Create visualizations to better understand the data distributions and relationships.


### Token Distribution (for Chunks)

This histogram shows how tokens are distributed across chunks. This helps understand if chunking is consistent or varies significantly.


In [None]:
# Load chunks to get token distribution
import json

chunks_path = config.get_chunks_path()
if chunks_path.exists():
    with open(chunks_path, 'r') as f:
        chunks = json.load(f)
    
    # Create DataFrame from chunks
    chunks_df = pd.DataFrame(chunks)
    
    # Plot token distribution
    fig, ax = plt.subplots(figsize=(10, 6))
    plot_token_distribution(chunks_df, ax)
    plt.tight_layout()
    plt.show()
else:
    print("Chunks file not found. Run notebook 01 first.")


### Latency vs Token Count

This scatter plot shows the relationship between the number of tokens and the time it takes to process them. Generally, more tokens should take longer, but the relationship may not be perfectly linear.


In [None]:
# Plot latency vs tokens
fig, ax = plt.subplots(figsize=(10, 6))
plot_latency_vs_tokens(df, ax)
plt.tight_layout()
plt.show()


### Throughput Comparison

This bar chart compares tokens per second (throughput) between embedding and inference operations. Higher is better - it means the system processes tokens faster.


In [None]:
# Plot throughput comparison
fig, ax = plt.subplots(figsize=(10, 6))
plot_throughput_comparison(aggregated, ax)
plt.tight_layout()
plt.show()


### Latency Distribution

This histogram shows the distribution of call latencies. A narrow distribution means consistent performance, while a wide distribution indicates variability in call times.


In [None]:
# Plot latency distribution
fig, ax = plt.subplots(figsize=(10, 6))
plot_latency_distribution(df, ax)
plt.tight_layout()
plt.show()


## Interpretation and Analysis

### What Do These Numbers Mean?

**Token Usage:**
- Tokens are the basic units that language models process. One token is roughly 0.75 words in English.
- Total tokens show the overall "cost" of operations in terms of processing units.
- Comparing embedding vs inference tokens helps understand where most processing happens.

**Latency:**
- Latency is the time it takes for a single operation to complete.
- Average latency gives you the typical wait time per call.
- P95 latency (95th percentile) shows the worst-case scenario for 95% of calls - useful for understanding tail performance.

**Throughput:**
- Tokens per second measures how fast the system processes tokens.
- Higher throughput means the system is more efficient.
- Comparing embedding vs inference throughput shows which operation type is faster.

### Key Insights

1. **Embedding vs Inference Cost**: 
   - Embedding operations typically process more tokens (the entire document), but may be faster per token.
   - Inference operations process fewer tokens per call but may be slower due to generation complexity.
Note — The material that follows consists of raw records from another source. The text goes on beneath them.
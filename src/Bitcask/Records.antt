-- ===== src/Bitcask/Records.antt =====
-- An entry that is written is read back, whatever follows it in the file.
use cpp_experiments.Common.{
  ℕ, ◌+◌, ◌%◌, ◌^◌, ◌≤◌, ◌<◌, ◌≡◌, refl, ap, sym, ◌∙◌, true, false, [], ◌++◌, append_assoc,
  append-nil, arith, ltb, ◌==◌, length, length-append, take, drop,
}
use cpp_experiments.Common.Bytes.{Bytes, take-append, drop-append, take_at, drop_at}
use cpp_experiments.Common.Words.{le_bytes, le_value, length-le_bytes, value-bytes}
use cpp_experiments.Bitcask.{FileEntry, entry_bytes, int_bytes, compute_crc}
use cpp_experiments.Bitcask.Load.{entry, int_at, read_val, read_entry}

-- The sizes are those of the texts, and every number fits in 32 bits.
pub record IsEntry (e : FileEntry) : Type 0 where
  pub stamp : e.tstamp < 2 ^ 32
  pub key_size : e.ksz ≡ length e.key
  pub val_size : e.vsz ≡ length e.val
  pub key_fits : length e.key < 2 ^ 32
  pub val_fits : length e.val < 2 ^ 32

le_value-four : (n : ℕ) → n < 2 ^ 32 → le_value (le_bytes 4 n) ≡ n
le_value-four n h = value-bytes 4 n (omega arith)

not_less : (m n : ℕ) → n ≤ m → ltb m n ≡ false
not_less m n h = ground arith

same : (n : ℕ) → (n == n) ≡ true
same n = ground arith

-- Four groups of four bytes.
module _ (c t k v : Bytes) (hc : length c ≡ 4) (ht : length t ≡ 4) (hk : length k ≡ 4)
    (hv : length v ≡ 4) where
  abbrev header : Bytes
  header = c ++ (t ++ (k ++ v))

  behind_first : drop 4 header ≡ t ++ (k ++ v)
  behind_first = drop_at 4 header c (t ++ (k ++ v)) (sym hc) refl

  first : take 4 header ≡ c
  first = take_at 4 header c (t ++ (k ++ v)) (sym hc) refl

  second : take 4 (drop 4 header) ≡ t
  second = rw behind_first (take_at 4 (t ++ (k ++ v)) t (k ++ v) (sym ht) refl)

  third : take 4 (drop 8 header) ≡ k
  third =
      rw
        (drop_at 8 header (c ++ t) (k ++ v) (omega (arith, length-append c t))
          (sym (append_assoc c t (k ++ v))))
        (take_at 4 (k ++ v) k v (sym hk) refl)

  fourth : take 4 (drop 12 header) ≡ v
  fourth =
      rw
        (drop_at 12 header (c ++ (t ++ k)) v
          (omega (arith, length-append c (t ++ k), length-append t k))
          (sym (append_assoc c (t ++ k) v ∙ ap (λ x. c ++ x) (append_assoc t k v))))
        (take_at 4 v v [] (sym hv) (sym (append-nil v)))

  length-header : length header ≡ 16
  length-header =
      omega (arith, length-append c (t ++ (k ++ v)), length-append t (k ++ v), length-append k v)

-- The entry that is read from the place `pos`.
abbrev pub read_at : FileEntry → ℕ → FileEntry
read_at e pos = record {
  tstamp = e.tstamp;
  ksz = length e.key;
  vsz = length e.val;
  vstart = (pos + 16 + length e.key) % 2 ^ 32;
  key = e.key;
  val = e.val;
}

module _ (e : FileEntry) (h : IsEntry e) where
  abbrev crc_of : ℕ
  crc_of = compute_crc (int_bytes e) e.key e.val

  abbrev head_of : Bytes
  head_of = le_bytes 4 crc_of ++ (le_bytes 4 e.tstamp ++ (le_bytes 4 e.ksz ++ le_bytes 4 e.vsz))

  crc-lt : crc_of < 2 ^ 32
  unfolding compute_crc
  crc-lt = omega arith

  four : (n : ℕ) → length (le_bytes 4 n) ≡ 4
  four n = length-le_bytes 4 n

  int_bytes_lem : drop 4 head_of ≡ int_bytes e
  unfolding int_bytes
  int_bytes_lem =
      behind_first (le_bytes 4 crc_of) (le_bytes 4 e.tstamp) (le_bytes 4 e.ksz) (le_bytes 4 e.vsz)
        (four crc_of) (four e.tstamp) (four e.ksz) (four e.vsz)

  int_at_crc : int_at 0 head_of ≡ crc_of
  int_at_crc =
      ap le_value (
        first (le_bytes 4 crc_of) (le_bytes 4 e.tstamp) (le_bytes 4 e.ksz) (le_bytes 4 e.vsz)
          (four crc_of) (four e.tstamp) (four e.ksz) (four e.vsz))
      ∙ le_value-four crc_of crc-lt

  int_at_stamp : int_at 4 head_of ≡ e.tstamp
  int_at_stamp =
      ap le_value (
        second (le_bytes 4 crc_of) (le_bytes 4 e.tstamp) (le_bytes 4 e.ksz) (le_bytes 4 e.vsz)
          (four crc_of) (four e.tstamp) (four e.ksz) (four e.vsz))
      ∙ le_value-four e.tstamp h.stamp

  int_at_key : int_at 8 head_of ≡ length e.key
  int_at_key =
      ap le_value (
        third (le_bytes 4 crc_of) (le_bytes 4 e.tstamp) (le_bytes 4 e.ksz) (le_bytes 4 e.vsz)
          (four crc_of) (four e.tstamp) (four e.ksz) (four e.vsz))
      ∙ rw h.key_size (le_value-four (length e.key) h.key_fits)

  int_at_val : int_at 12 head_of ≡ length e.val
  int_at_val =
      ap le_value (
        fourth (le_bytes 4 crc_of) (le_bytes 4 e.tstamp) (le_bytes 4 e.ksz) (le_bytes 4 e.vsz)
          (four crc_of) (four e.tstamp) (four e.ksz) (four e.vsz))
      ∙ rw h.val_size (le_value-four (length e.val) h.val_fits)

  length-head_of : length head_of ≡ 16
  length-head_of =
      length-header (le_bytes 4 crc_of) (le_bytes 4 e.tstamp) (le_bytes 4 e.ksz) (le_bytes 4 e.vsz)
        (four crc_of) (four e.tstamp) (four e.ksz) (four e.vsz)

  -- The parts of a file that begins with an entry.
  pub file_shape : (rest : Bytes) → entry_bytes e ++ rest ≡ head_of ++ (e.key ++ (e.val ++ rest))
  unfolding entry_bytes int_bytes
  file_shape rest = simp (append_assoc)

  read_val-entry :
      (pos : ℕ) (rest : Bytes)
      → read_val head_of pos e.key (e.val ++ rest) ≡ entry (read_at e pos) rest
  unfolding read_val
  read_val-entry pos rest =
      let enough : ltb (length (e.val ++ rest)) (length e.val) ≡ false =
        not_less (length (e.val ++ rest)) (length e.val)
          (omega (arith, length-append e.val rest)) in
      rw
        (
          int_at_val,
          int_at_stamp,
          int_at_key,
          int_at_crc,
          int_bytes_lem,
          enough,
          take-append e.val rest,
          drop-append e.val rest,
          same crc_of,
        )
        refl

  read_entry-parts :
      (pos : ℕ) (rest : Bytes)
      → read_entry pos (head_of ++ (e.key ++ (e.val ++ rest))) ≡ entry (read_at e pos) rest
  unfolding read_entry
  read_entry-parts pos rest =
      let tail = e.key ++ (e.val ++ rest) in
      let whole : ltb (length (head_of ++ tail)) 16 ≡ false =
        not_less (length (head_of ++ tail)) 16
          (omega (arith, length-append head_of tail, length-head_of)) in
      let enough : ltb (length tail) (length e.key) ≡ false =
        not_less (length tail) (length e.key)
          (omega (arith, length-append e.key (e.val ++ rest))) in
      rw
        (
          whole,
          take_at 16 (head_of ++ tail) head_of tail (sym length-head_of) refl,
          drop_at 16 (head_of ++ tail) head_of tail (sym length-head_of) refl,
          int_at_key,
          enough,
          take-append e.key (e.val ++ rest),
          drop-append e.key (e.val ++ rest),
        )
        (read_val-entry pos rest)

  -- An entry that is written is read back from any place in a file, with the place of its value.
  pub read_entry-entry_bytes :
      (pos : ℕ) (rest : Bytes) → read_entry pos (entry_bytes e ++ rest) ≡ entry (read_at e pos) rest
  read_entry-entry_bytes pos rest = rw (file_shape rest) (read_entry-parts pos rest)
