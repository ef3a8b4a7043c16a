-- ===== src/Bitcask/Replay.antt =====
-- loadFromFile on a log that `set` and `erase` have written.
use cpp_experiments.Common.{
  ℕ, zero, suc, ◌+◌, ◌-◌, ◌≤◌, ◌<◌, ◌≡◌, refl, ap, sym, ◌∙◌, true, List, [], ◌∷◌, ◌++◌,
  append_assoc, append-nil, arith, length, length-append,
}
use cpp_experiments.Common.Bytes.{Bytes}
use cpp_experiments.Common.Dict.{Dict}
use cpp_experiments.Bitcask.{KeyDirValue, FileEntry, entry_bytes}
use cpp_experiments.Bitcask.Load.{entry, end_of_file, read_entry, apply_entry, load_entries, round}
use cpp_experiments.Bitcask.Placing.{length-entry_bytes}
use cpp_experiments.Bitcask.Records.{IsEntry, read_at, read_entry-entry_bytes}

-- The bytes of a log with these entries.
unfoldable pub log_bytes : List FileEntry → Bytes
log_bytes [] = []
log_bytes (e ∷ es) = entry_bytes e ++ log_bytes es

-- The table after the entries, from the place `pos` of the log `id` on.
unfoldable pub replay : ℕ → ℕ → List FileEntry → Dict KeyDirValue → Dict KeyDirValue
replay id pos [] dir = dir
replay id pos (e ∷ es) dir =
    replay id (pos + length (entry_bytes e)) es (apply_entry id (read_at e pos) dir)

abbrev pub Entries : List FileEntry → Type 0
Entries [] = Unit {0}
Entries (e ∷ es) = IsEntry e × Entries es

read_entry-nil : (pos : ℕ) → read_entry pos [] ≡ end_of_file
unfolding read_entry
read_entry-nil pos = refl

pub log_bytes-append :
    (es : List FileEntry) (e : FileEntry) → log_bytes (es ++ e ∷ []) ≡ log_bytes es ++ entry_bytes e
unfolding log_bytes
log_bytes-append [] e = append-nil (entry_bytes e)
log_bytes-append (d ∷ es) e =
    rw (log_bytes-append es e) (sym (append_assoc (entry_bytes d) (log_bytes es) (entry_bytes e)))

pub Entries-append :
    (es : List FileEntry) (e : FileEntry) → Entries es → IsEntry e → Entries (es ++ e ∷ [])
Entries-append [] e h k = (k, h)
Entries-append (d ∷ es) e h k = (h.0, Entries-append es e h.1 k)

pub replay-append :
    (id : ℕ) (es : List FileEntry) (e : FileEntry) (pos : ℕ) (dir : Dict KeyDirValue)
    → replay id pos (es ++ e ∷ []) dir
      ≡ apply_entry id (read_at e (pos + length (log_bytes es))) (replay id pos es dir)
unfolding replay log_bytes
replay-append id [] e pos dir = ap (λ p. apply_entry id (read_at e p) dir) (omega arith)
replay-append id (d ∷ es) e pos dir =
    replay-append id es e (pos + length (entry_bytes d)) (apply_entry id (read_at d pos) dir)
    ∙ ap
        (λ p.
          apply_entry id (read_at e p)
            (replay id (pos + length (entry_bytes d)) es (apply_entry id (read_at d pos) dir)))
        (omega (arith, length-append (entry_bytes d) (log_bytes es)))

-- One round of the loop, for each answer of `read`.
load_entries-end :
    (fuel id total : ℕ) (s : Bytes) (dir : Dict KeyDirValue)
    → read_entry (total - length s) s ≡ end_of_file
    → load_entries (suc fuel) id total s dir ≡ (true, dir)
unfolding load_entries
load_entries-end fuel id total s dir h = ap (round (load_entries fuel id total) id dir) h

load_entries-entry :
    (fuel id total : ℕ) (s rest : Bytes) (e : FileEntry) (dir : Dict KeyDirValue)
    → read_entry (total - length s) s ≡ entry e rest
    → load_entries (suc fuel) id total s dir
      ≡ load_entries fuel id total rest (apply_entry id e dir)
unfolding load_entries
load_entries-entry fuel id total s rest e dir h = ap (round (load_entries fuel id total) id dir) h

-- Loading a log from its place `pos` on goes through its entries, and ends well.
pub load_entries-log_bytes :
    (id : ℕ) (es : List FileEntry) (pos fuel : ℕ) (dir : Dict KeyDirValue)
    → Entries es
    → length es < fuel
    → load_entries fuel id (pos + length (log_bytes es)) (log_bytes es) dir
      ≡ (true, replay id pos es dir)
unfolding replay log_bytes
load_entries-log_bytes id es pos zero dir h k = ground arith
load_entries-log_bytes id [] pos (suc fuel) dir h k =
    load_entries-end fuel id (pos + 0) [] dir (read_entry-nil _)
load_entries-log_bytes id (e ∷ es) pos (suc fuel) dir h k =
    let rest = log_bytes es in
    let size : length (entry_bytes e ++ rest) ≡ length (entry_bytes e) + length rest =
      length-append (entry_bytes e) rest in
    let there : (pos + length (entry_bytes e ++ rest)) - length (entry_bytes e ++ rest) ≡ pos =
      omega arith in
    load_entries-entry fuel id (pos + length (entry_bytes e ++ rest)) (entry_bytes e ++ rest) rest
      (read_at e pos) dir (rw there (read_entry-entry_bytes e h.0 pos rest))
    ∙ ap (λ total. load_entries fuel id total rest (apply_entry id (read_at e pos) dir))
        (omega (arith, size))
    ∙ load_entries-log_bytes id es (pos + length (entry_bytes e)) fuel
        (apply_entry id (read_at e pos) dir) h.1 (omega arith)

pub length-entries : (es : List FileEntry) → length es ≤ length (log_bytes es)
unfolding log_bytes
length-entries [] = omega arith
length-entries (e ∷ es) =
    omega
      (arith, length-append (entry_bytes e) (log_bytes es), length-entry_bytes e, length-entries es)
2. **Performance Characteristics**:
   - If latency varies significantly (wide distribution), it may indicate system load or model variability.
   - Consistent latency suggests stable performance.

3. **Practical Implications**:
   - For large documents, embedding time can be significant - consider batch processing or parallelization.
   - Inference latency directly impacts user experience - optimize prompts to reduce token counts when possible.
   - Throughput metrics help estimate total processing time for large workloads.

### Recommendations

- **For Production Use**: Monitor P95 latency to ensure acceptable worst-case performance.
- **For Cost Optimization**: Track total tokens to estimate computational costs.
- **For Performance Tuning**: Use throughput metrics to identify bottlenecks and optimization opportunities.